Q: "When using function x does it pull from the thread pool or create a new thread"

A: Don't care, will google




This isn't trivia. Creating a new thread is expensive; so understanding the difference can make a huge difference in performance.

Saying "I can google this if I need to" is a cop-out: Yes, you can google if if you realize that it matters, but if you don't know the answer you're probably not going to realize that it matters.


I see what you're saying, but in practice I see no correlation between people with great recall of arcane functions and syntax and good developers.

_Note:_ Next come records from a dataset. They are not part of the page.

-- ===== src/Cache/Remove.antt =====
-- What `deleteEntry` and `evictBlocks` of client_src/cache.cpp leave of the cache: entries that go
-- together with their records in the usage list.
use net_fs.Prelude.{
  ℕ, List, Option, none, some, ◌==◌, ==_iff, str_eq, str_eq_iff, nat_eq, string_eq, Bool,
  if◌then◌else◌, find, put, erase, at-find, find-put, find-erase, ok, ◌>>=◌, ◌≡◌, refl, sym, ap,
  subst, ◌∙◌, arith, Bool-cases, Option-cases, inl, inr, true, false, suc, length,
}
use net_fs.Cache.Entry.{CacheEntry}
use net_fs.Cache.State.{Use, FileCache, Cache}
use net_fs.Cache.Blocks.{erase_use, find_use, set_file, delete_entry}
use net_fs.Cache.Usage.{Distinct, erase_use_lem}
use net_fs.Cache.Valid.{IsValid, find_entry, same_place, same_place_iff, use_of}
use net_fs.Cache.Store.{find_entry-file}

-- What is found after some places are gone.
abbrev pub unless {ℓ} : {A : Type ℓ} → Bool → Option A → Option A
unless b o = if b then none else o

abbrev pub kept_use : (List ℕ → ℕ → Bool) → Option Use → Option Use
kept_use gone none = none
kept_use gone (some u) = unless (gone u.entry_id.filename u.entry_id.block_num) (some u)

-- The cache `c'` is `c` without the entries at the places that are `gone`.
pub record Removed (gone : List ℕ → ℕ → Bool) (c c' : Cache) : Type 0 where
  pub valid : IsValid c'
  pub same_size : c'.block_size ≡ c.block_size
  pub now : (g : List ℕ) (k : ℕ) → find_entry c' g k ≡ unless (gone g k) (find_entry c g k)

-- Entries that go together with their records leave the cache valid.
module _ (gone : List ℕ → ℕ → Bool) (c c' : Cache) (v : IsValid c)
    (same_size : c'.block_size ≡ c.block_size) (same_next : c'.next_node ≡ c.next_node)
    (now : (g : List ℕ) (k : ℕ) → find_entry c' g k ≡ unless (gone g k) (find_entry c g k))
    (uses : (n : ℕ) → find_use n c'.recent_list ≡ kept_use gone (find_use n c.recent_list))
    (distinct : Distinct c'.recent_list) where
  was_there :
      (g : List ℕ) (k : ℕ) (e : CacheEntry)
      → find_entry c' g k ≡ some e
      → (find_entry c g k ≡ some e) × (gone g k ≡ false)
  was_there g k e h =
      let n = now g k in
      elim (Bool-cases (gone g k)) [
        | inl lost ↦ absurd (ground arith)
        | inr kept ↦ (ground arith, kept)
      ]

  use_was_there :
      (n : ℕ) (u : Use)
      → find_use n c'.recent_list ≡ some u
      → (find_use n c.recent_list ≡ some u)
        × (gone u.entry_id.filename u.entry_id.block_num ≡ false)
  use_was_there n u h = elim (Option-cases (find_use n c.recent_list)) [
    | inl miss ↦ let e = uses n in absurd (ground arith)
    | inr (w, hit) ↦
        let e : find_use n c'.recent_list ≡ kept_use gone (some w) =
          uses n ∙ ap (kept_use gone) hit in
        elim (Bool-cases (gone w.entry_id.filename w.entry_id.block_num)) [
          | inl lost ↦ absurd (ground arith)
          | inr kept ↦
              let same : w ≡ u = ground arith in
              (
                hit ∙ ap some same,
                subst (λ (z : Use). gone z.entry_id.filename z.entry_id.block_num ≡ false) same
                    kept,
              )
        ]
  ]

  pub removed-IsValid : IsValid c'
  removed-IsValid = record {
    positive = omega (arith, v.positive);
    small = rw same_size v.small;
    blocks = λ g k e h. rw same_size (v.blocks g k e (was_there g k e h).0);
    recorded = λ g k e h.
        let (old, kept) = was_there g k e h in
        uses e.use_record ∙ ap (kept_use gone) (v.recorded g k e old) ∙ rw kept refl;
    used = λ n u h.
        let (old, kept) = use_was_there n u h in
        let (e, found, there) = v.used n u old in
        (e, now u.entry_id.filename u.entry_id.block_num ∙ rw (kept, found) refl, there);
    fresh = λ n u h. rw same_next (v.fresh n u (use_was_there n u h).0);
    distinct = distinct;
  }

-- One entry less in a file.
module _ (c : Cache) (f : List ℕ) (b : ℕ) (fc : FileCache)
    (known : find f c.file_map ≡ some fc) where
  abbrev without : FileCache
  without = record fc { entries = erase b fc.entries }

  erase-find_entry :
      (c' : Cache)
      → c'.file_map ≡ put f without c.file_map
      → (g : List ℕ) (k : ℕ) → find_entry c' g k ≡ unless (same_place f b g k) (find_entry c g k)
  unfolding find_entry
  erase-find_entry c' h g k =
      let at_file = find-put f g without c.file_map in
      let at_block = find-erase b k fc.entries in
      elim (Bool-cases (str_eq f g)) [
        | inl same ↦
            let ef : f ≡ g = (str_eq_iff f g).0 same in
            let known' : find g c.file_map ≡ some fc = rw (← ef) known in
            ground (arith, at_file, at_block, known', h)
        | inr other ↦ ground (arith, at_file, h)
      ]

delete_entry_run :
    (c : Cache) (f : List ℕ) (b : ℕ) (fc : FileCache) (e : CacheEntry) (rest : List Use)
    → find f c.file_map ≡ some fc
    → find b fc.entries ≡ some e
    → erase_use e.use_record c.recent_list ≡ ok rest
    → delete_entry f b c
      ≡ ok (record (set_file f (record fc { entries = erase b fc.entries }) c) {
        recent_list = rest;
      })
unfolding delete_entry
delete_entry_run c f b fc e rest known there run =
    rw (at-find f c.file_map known, ◌>>=◌, there, run) refl

-- The record at a node is the one of the entry that points at it.
place_of_node :
    (c : Cache) (f : List ℕ) (b : ℕ) (e : CacheEntry) (n : ℕ) (u : Use)
    → IsValid c
    → find_entry c f b ≡ some e
    → find_use n c.recent_list ≡ some u
    → same_place f b u.entry_id.filename u.entry_id.block_num ≡ (e.use_record == n)
place_of_node c f b e n u v there hit =
    let (d, found, at_n) = v.used n u hit in
    elim (Bool-cases (same_place f b u.entry_id.filename u.entry_id.block_num)) [
      | inl same ↦
          let (ef, eb) = same_place_iff f b u.entry_id.filename u.entry_id.block_num same in
          let again : find_entry c f b ≡ some d = rw (ef, eb) found in
          let same_entry : e ≡ d = cc in
          let node : e.use_record ≡ n = ap (λ (x : CacheEntry). x.use_record) same_entry ∙ at_n in
          same ∙ sym ((==_iff e.use_record n).1 node)
      | inr other ↦ elim (Bool-cases (e.use_record == n)) [
        | inl node ↦
            let en : e.use_record ≡ n = (==_iff e.use_record n).0 node in
            let again : find_use n c.recent_list ≡ some (use_of f b e.use_record) =
              subst (λ (m : ℕ). find_use m c.recent_list ≡ some (use_of f b e.use_record)) en
                (v.recorded f b e there) in
            let same_use : use_of f b e.use_record ≡ u = cc in
            let here : same_place f b f b ≡ true = ground (arith, str_eq_iff f f) in
            absurd (
              let x =
                subst (λ (z : Use). same_place f b z.entry_id.filename z.entry_id.block_num ≡ true)
                  same_use here in
              ground arith)
        | inr nowhere ↦ other ∙ sym nowhere
      ]
    ]

-- An entry of a valid cache can be deleted. It goes together with its record, and no other entry
-- does.
pub delete_entry_lem :
    (c : Cache) (f : List ℕ) (b : ℕ) (e : CacheEntry)
    → IsValid c
    → find_entry c f b ≡ some e
    → (c' : Cache) × (delete_entry f b c ≡ ok c')
      × Removed (same_place f b) c c'
      × (erase_use e.use_record c.recent_list ≡ ok c'.recent_list)
      × (suc (length c'.recent_list) ≡ length c.recent_list)
delete_entry_lem c f b e v there = elim (Option-cases (find f c.file_map)) [
  | inl miss ↦ absurd (unfold find_entry in ground arith)
  | inr (fc, known) ↦
      let at_block : find b fc.entries ≡ some e = sym (find_entry-file c f b fc known) ∙ there in
      let (rest, run, distinct, found, len) =
        erase_use_lem e.use_record c.recent_list (use_of f b e.use_record) v.distinct
          (v.recorded f b e there) in
      let c' : Cache = record (set_file f (record fc { entries = erase b fc.entries }) c) {
        recent_list = rest;
      } in
      let now = erase-find_entry c f b fc known c' refl in
      let uses : (n : ℕ) → find_use n rest ≡ kept_use (same_place f b) (find_use n c.recent_list) =
        λ n. elim (Option-cases (find_use n c.recent_list)) [
          | inl miss ↦ ground (arith, found n)
          | inr (u, hit) ↦
              let place = place_of_node c f b e n u v there hit in found n ∙ rw (← place, hit) refl
        ] in
      (
        c',
        delete_entry_run c f b fc e rest known at_block run,
        record {
          valid = removed-IsValid (same_place f b) c c' v refl refl now uses distinct;
          same_size = refl;
          now = now;
        },
        run,
        len,
      )
]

And the question wasn't, "What's the difference between pulling a thread from the pool and spinning up a new one?" That's a pretty good question, if you're going to be doing programming with threads.


I don't have any meaningful statistics on this myself, but I always found this passage from The Jargon File interesting:

Another trait is probably even more important: the ability to mentally absorb, retain, and reference large amounts of ‘meaningless’ detail, trusting to later experience to give it context and meaning. A person of merely average analytical intelligence who has this trait can become an effective hacker, but a creative genius who lacks it will swiftly find himself outdistanced by people who routinely upload the contents of thick reference manuals into their brains.


The cost of someone trying to upload huge quantities of trivia is a failure to update when systems change. Consider the cost of creating and maintaining high quality comments vs readable code.


So I'll assume, since you think that "I can google this" is a cop-out, that you never hit up Google in real life to look up some obscure technical point about a function that you need to call once every couple months in your coding? You know every interface and implementation detail for every standard library call in your language of choice?

I call shenanigans.

In our profession trivia is useful and even extremely important to be able to keep in your head; however, it's all but useless as an interview filter unless it's highly targeted to a topic that the job description requires expert knowledge of.